[Stored data entries]
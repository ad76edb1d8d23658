-- ===== src/Vm.antt =====
-- Page tables of kernel/vm.c and kernel/riscv.h. Physical memory is seen in two ways: the 64-bit words
-- of the pages that are tables, by address, and the bytes of all others, as in Strings. A page is
-- used in one of the two ways at a time. `none` is a panic. No range of addresses wraps around 2^64.
pub mod Table
pub mod User
pub mod Copy
pub mod Tree
pub mod Lookup
pub mod Walk
pub mod Entry
pub mod Map
pub mod Range
pub mod Unmap
pub mod Phys
pub mod CopyIn
mod Tests
use Prim.Native.Nat.{bit_or}
use cs202_lab.Prelude.{
  ℕ, zero, suc, ◌+◌, ◌-◌, ◌*◌, ◌/◌, ◌%◌, ◌^◌, Bool, true, false, not, List, [], ◌∷◌, ◌==◌, ◌&&◌,
  ltb, leb, Option, none, some, if◌then◌else◌,
}
use cs202_lab.Kalloc.{Kmem}
use cs202_lab.Strings.{Memory}

-- The words of tables, the bytes of other pages, and the free list.
pub record Vm : Type 0 where
  pub ptes : ℕ → ℕ
  pub bytes : Memory
  pub kmem : Kmem

abbrev pub M : Type 0 → Type 0
M A = Vm → Option (A × Vm)

abbrev pub pure : {A : Type 0} → A → M A
pure a v = some (a, v)

infixl 5 ◌>>=◌ ◌>>◌
abbrev pub ◌>>=◌ : {A B : Type 0} → M A → (A → M B) → M B
◌>>=◌ m f v = elim (m v) [ none ↦ none | some (a, v') ↦ f a v' ]

abbrev pub ◌>>◌ : {A B : Type 0} → M A → M B → M B
m >> k = m >>= λ _. k

abbrev pub panic : {A : Type 0} → M A
panic v = none

-- `MAXVA`
abbrev pub maxva : ℕ
maxva = 2 ^ 38

-- `PGROUNDDOWN`
abbrev pub pg_round_down : ℕ → ℕ
pg_round_down a = a / 4096 * 4096

-- `PX`: the index into a table of the level.
unfoldable pub px : ℕ → ℕ → ℕ
px level va = va / 2 ^ (12 + 9 * level) % 512

-- `PA2PTE` and `PTE2PA`
abbrev pub pa2pte : ℕ → ℕ
pa2pte pa = pa / 2 ^ 12 * 2 ^ 10

abbrev pub pte2pa : ℕ → ℕ
pte2pa pte = pte / 2 ^ 10 * 2 ^ 12 % 2 ^ 64

-- `PTE_FLAGS`
abbrev pub pte_flags : ℕ → ℕ
pte_flags pte = pte % 2 ^ 10

-- A test of a flag bit: `PTE_V` is bit 0, `PTE_R` 1, `PTE_W` 2, `PTE_X` 3 and `PTE_U` 4.
abbrev pub has_flag : ℕ → ℕ → Bool
has_flag bit pte = pte / 2 ^ bit % 2 == 1

abbrev pub is_valid : ℕ → Bool
is_valid pte = pte % 2 == 1

-- `PA2PTE(pa) | perm | PTE_V`
abbrev pub pte_of : ℕ → ℕ → ℕ
pte_of pa perm = bit_or (bit_or (pa2pte pa) perm) 1

abbrev pub in_page : ℕ → ℕ → Bool
in_page pa a = leb pa a && ltb a (pa + 4096)

-- `memset(pa, 0, PGSIZE)`, in both views.
abbrev pub clear_page : ℕ → Vm → Vm
clear_page pa v = record v {
  ptes = λ a. if in_page pa a then 0 else v.ptes a;
  bytes = λ a. if in_page pa a then 0 else v.bytes a;
}

-- `*pte = x`
abbrev pub set_pte : ℕ → ℕ → Vm → Vm
set_pte q x v = record v { ptes = λ a. if a == q then x else v.ptes a }
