-- ===== src/Vm/Table.antt =====
-- `walk`, `walkaddr`, `mappages`, `kvmmap` and `uvmunmap`.
use cs202_lab.Prelude.{
  ℕ, zero, suc, ◌+◌, ◌-◌, ◌*◌, ◌/◌, ◌%◌, Bool, true, false, not, ◌==◌, leb, Option, none, some,
  if◌then◌else◌,
}
use cs202_lab.Kalloc.{Kmem, kalloc, kfree}
use cs202_lab.Vm.{
  Vm, M, pure, ◌>>=◌, panic, maxva, pg_round_down, px, pa2pte, pte2pa, pte_flags, has_flag,
  is_valid, pte_of, clear_page, set_pte,
}

-- The page that `kalloc` gives, or 0.
abbrev pub alloc_page : M ℕ
alloc_page v = let (k, pa) = kalloc v.kmem in some (pa, record v { kmem = k })

-- A new table below the entry at `q`, unless there is no page.
abbrev pub hang : ℕ → Kmem × ℕ → Vm → Option ℕ × Vm
hang q (k, zero) v = (none, record v { kmem = k })
hang q (k, suc c) v =
    (some (suc c), set_pte q (pa2pte (suc c) + 1) (clear_page (suc c) (record v { kmem = k })))

-- The body of the loop of `walk`, at the entry `q`: the table below it.
unfoldable pub next_table : Bool → ℕ → Vm → Option ℕ × Vm
next_table alloc q v =
    if is_valid (v.ptes q)
    then (some (pte2pa (v.ptes q)), v)
    else if alloc
    then hang q (kalloc v.kmem) v
    else (none, v)

-- The rest of the loop, once the table below is known.
abbrev pub descend : (ℕ → Vm → Option ℕ × Vm) → Option ℕ × Vm → Option ℕ × Vm
descend more (none, v) = (none, v)
descend more (some t, v) = more t v

-- The loop of `walk` from a table of the level: the address of the entry, or null.
unfoldable pub walk_down : Bool → ℕ → ℕ → ℕ → Vm → Option ℕ × Vm
unfolding next_table
walk_down alloc zero table va v = (some (table + 8 * px 0 va), v)
walk_down alloc (suc l) table va v =
    descend (λ t. walk_down alloc l t va) (next_table alloc (table + 8 * px (suc l) va) v)

unfoldable pub walk : ℕ → ℕ → Bool → M (Option ℕ)
unfolding walk_down
walk table va alloc v = if leb maxva va then none else some (walk_down alloc 2 table va v)

-- `walkaddr`: the physical address, or 0.
abbrev pub user_address : ℕ → ℕ
user_address pte = if not (is_valid pte) then 0 else if not (has_flag 4 pte) then 0 else pte2pa pte

abbrev pub address_of : Option (Option ℕ × Vm) → Option (ℕ × Vm)
address_of none = none
address_of (some (none, v)) = some (0, v)
address_of (some (some q, v)) = some (user_address (v.ptes q), v)

unfoldable pub walkaddr : ℕ → ℕ → M ℕ
unfolding walk
walkaddr table va v = if leb maxva va then some (0, v) else address_of (walk table va false v)

-- The body of the loop of `mappages`: `false` is -1.
abbrev pub put_entry : ℕ → ℕ → Option ℕ → M Bool
put_entry pa perm none v = some (false, v)
put_entry pa perm (some q) v =
    if is_valid (v.ptes q) then none else some (true, set_pte q (pte_of pa perm) v)

unfoldable pub map_one : ℕ → ℕ → ℕ → ℕ → M Bool
unfolding walk
map_one table a pa perm = do q ← walk table a true; put_entry pa perm q

-- A loop goes on while its body says `true`.
abbrev pub go_on : M Bool → Option (Bool × Vm) → Option (Bool × Vm)
go_on more none = none
go_on more (some (false, v)) = some (false, v)
go_on more (some (true, v)) = more v

-- The loop of `mappages`, with `n` rounds after this one.
unfoldable pub map_loop : ℕ → ℕ → ℕ → ℕ → ℕ → M Bool
unfolding map_one
map_loop zero table a pa perm v = map_one table a pa perm v
map_loop (suc n) table a pa perm v =
    go_on (map_loop n table (a + 4096) (pa + 4096) perm) (map_one table a pa perm v)

unfoldable pub mappages : ℕ → ℕ → ℕ → ℕ → ℕ → M Bool
unfolding map_loop
mappages table va size pa perm =
    let a = pg_round_down va in
    let last = pg_round_down (va + size - 1) in
    if size == 0 then panic else map_loop ((last - a) / 4096) table a pa perm

unfoldable pub kvmmap : ℕ → ℕ → ℕ → ℕ → ℕ → M (Unit {0})
unfolding mappages
kvmmap table va pa size perm = do
  done ← mappages table va size pa perm
  if done then pure tt else panic

abbrev pub and_then : M (Unit {0}) → Option (Unit {0} × Vm) → Option (Unit {0} × Vm)
and_then more none = none
and_then more (some (_, v)) = more v

module _ (end' : ℕ) where
  -- `kfree`
  abbrev pub free_page : ℕ → M (Unit {0})
  free_page pa v = elim (kfree end' pa v.kmem) [
    | none ↦ none
    | some k ↦ some (tt, record v { kmem = k })
  ]

  -- The body of the loop of `uvmunmap`, at the entry that `walk` found.
  abbrev pub drop_entry : Bool → Option ℕ → M (Unit {0})
  drop_entry do_free none v = none
  drop_entry do_free (some q) v =
      let pte = v.ptes q in
      if not (is_valid pte)
      then none
      else if pte_flags pte == 1
      then none
      else if do_free
      then elim (free_page (pte2pa pte) v) [
        | none ↦ none
        | some (_, v') ↦ some (tt, set_pte q 0 v')
      ]
      else some (tt, set_pte q 0 v)

  unfoldable pub unmap_one : ℕ → ℕ → Bool → M (Unit {0})
  unfolding walk
  unmap_one table a do_free = do q ← walk table a false; drop_entry do_free q

  unfoldable pub unmap_loop : ℕ → ℕ → ℕ → Bool → M (Unit {0})
  unfolding unmap_one
  unmap_loop zero table a do_free v = some (tt, v)
  unmap_loop (suc n) table a do_free v =
      and_then (unmap_loop n table (a + 4096) do_free) (unmap_one table a do_free v)

  unfoldable pub uvmunmap : ℕ → ℕ → ℕ → Bool → M (Unit {0})
  unfolding unmap_loop
  uvmunmap table va npages do_free =
      if not (va % 4096 == 0) then panic else unmap_loop npages table va do_free
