-- ===== src/Vm/Copy.antt =====
-- Between user and kernel memory: `copyout`, `copyin` and `copyinstr`. Their loops run on fuel; each
-- round moves at least one byte, so that the count is enough.
use cs202_lab.Prelude.{
  ℕ, zero, suc, ◌+◌, ◌-◌, Bool, true, false, ◌==◌, ltb, Option, none, some, if◌then◌else◌,
}
use cs202_lab.Strings.{Memory, store, memmove}
use cs202_lab.Vm.{Vm, M, pg_round_down}
use cs202_lab.Vm.Table.{walkaddr}

-- The bytes of a round: up to the end of the page or of the count.
abbrev pub chunk : ℕ → ℕ → ℕ
chunk va len = let n = 4096 - (va - pg_round_down va) in if ltb len n then len else n

-- The test of each loop on `pa0`, and what follows it.
abbrev pub at_page : (ℕ → M Bool) → Option (ℕ × Vm) → Option (Bool × Vm)
at_page f none = none
at_page f (some (zero, v)) = some (false, v)
at_page f (some (suc pa, v)) = f (suc pa) v

-- `copyout`: `false` is -1.
unfoldable pub copyout_loop : ℕ → ℕ → ℕ → ℕ → ℕ → M Bool
copyout_loop fuel table dstva src zero v = some (true, v)
copyout_loop zero table dstva src (suc len) v = none
copyout_loop (suc fuel) table dstva src (suc len) v =
    let va0 = pg_round_down dstva in
    let n = chunk dstva (suc len) in
    at_page
      (λ pa v'.
        copyout_loop fuel table (va0 + 4096) (src + n) (suc len - n)
          (record v' { bytes = memmove (pa + (dstva - va0)) src n v'.bytes }))
      (walkaddr table va0 v)

unfoldable pub copyout : ℕ → ℕ → ℕ → ℕ → M Bool
unfolding copyout_loop
copyout table dstva src len = copyout_loop len table dstva src len

unfoldable pub copyin_loop : ℕ → ℕ → ℕ → ℕ → ℕ → M Bool
copyin_loop fuel table dst srcva zero v = some (true, v)
copyin_loop zero table dst srcva (suc len) v = none
copyin_loop (suc fuel) table dst srcva (suc len) v =
    let va0 = pg_round_down srcva in
    let n = chunk srcva (suc len) in
    at_page
      (λ pa v'.
        copyin_loop fuel table (dst + n) (va0 + 4096) (suc len - n)
          (record v' { bytes = memmove dst (pa + (srcva - va0)) n v'.bytes }))
      (walkaddr table va0 v)

unfoldable pub copyin : ℕ → ℕ → ℕ → ℕ → M Bool
unfolding copyin_loop
copyin table dst srcva len = copyin_loop len table dst srcva len

-- The inner loop of `copyinstr` for `n` bytes: whether it met the terminator.
unfoldable pub copy_chars : ℕ → ℕ → ℕ → Memory → Bool × Memory
unfolding store
copy_chars zero dst p m = (false, m)
copy_chars (suc n) dst p m =
    let more = copy_chars n (suc dst) (suc p) (store m dst (m p)) in
    if m p == 0 then (true, store m dst 0) else more

-- The rest of the outer loop, once the inner loop has ended.
abbrev pub until_null : M Bool → Vm → Bool × Memory → Option (Bool × Vm)
until_null more v (true, m) = some (true, record v { bytes = m })
until_null more v (false, m) = more (record v { bytes = m })

unfoldable pub copyinstr_loop : ℕ → ℕ → ℕ → ℕ → ℕ → M Bool
unfolding copy_chars
copyinstr_loop fuel table dst srcva zero v = some (false, v)
copyinstr_loop zero table dst srcva (suc max) v = none
copyinstr_loop (suc fuel) table dst srcva (suc max) v =
    let va0 = pg_round_down srcva in
    let n = chunk srcva (suc max) in
    at_page
      (λ pa v'.
        until_null (copyinstr_loop fuel table (dst + n) (va0 + 4096) (suc max - n)) v'
          (copy_chars n dst (pa + (srcva - va0)) v'.bytes))
      (walkaddr table va0 v)

unfoldable pub copyinstr : ℕ → ℕ → ℕ → ℕ → M Bool
unfolding copyinstr_loop
copyinstr table dst srcva max = copyinstr_loop max table dst srcva max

• _Brief_:
Output the lines above exactly, but only those between the line holding "module _ (end' : ℕ) where" and the line holding "the entry that", inclusive.

• _Output of the task_:
module _ (end' : ℕ) where
  -- `kfree`
  abbrev pub free_page : ℕ → M (Unit {0})
  free_page pa v = elim (kfree end' pa v.kmem) [
    | none ↦ none
    | some k ↦ some (tt, record v { kmem = k })
  ]

  -- The body of the loop of `uvmunmap`, at the entry that `walk` found.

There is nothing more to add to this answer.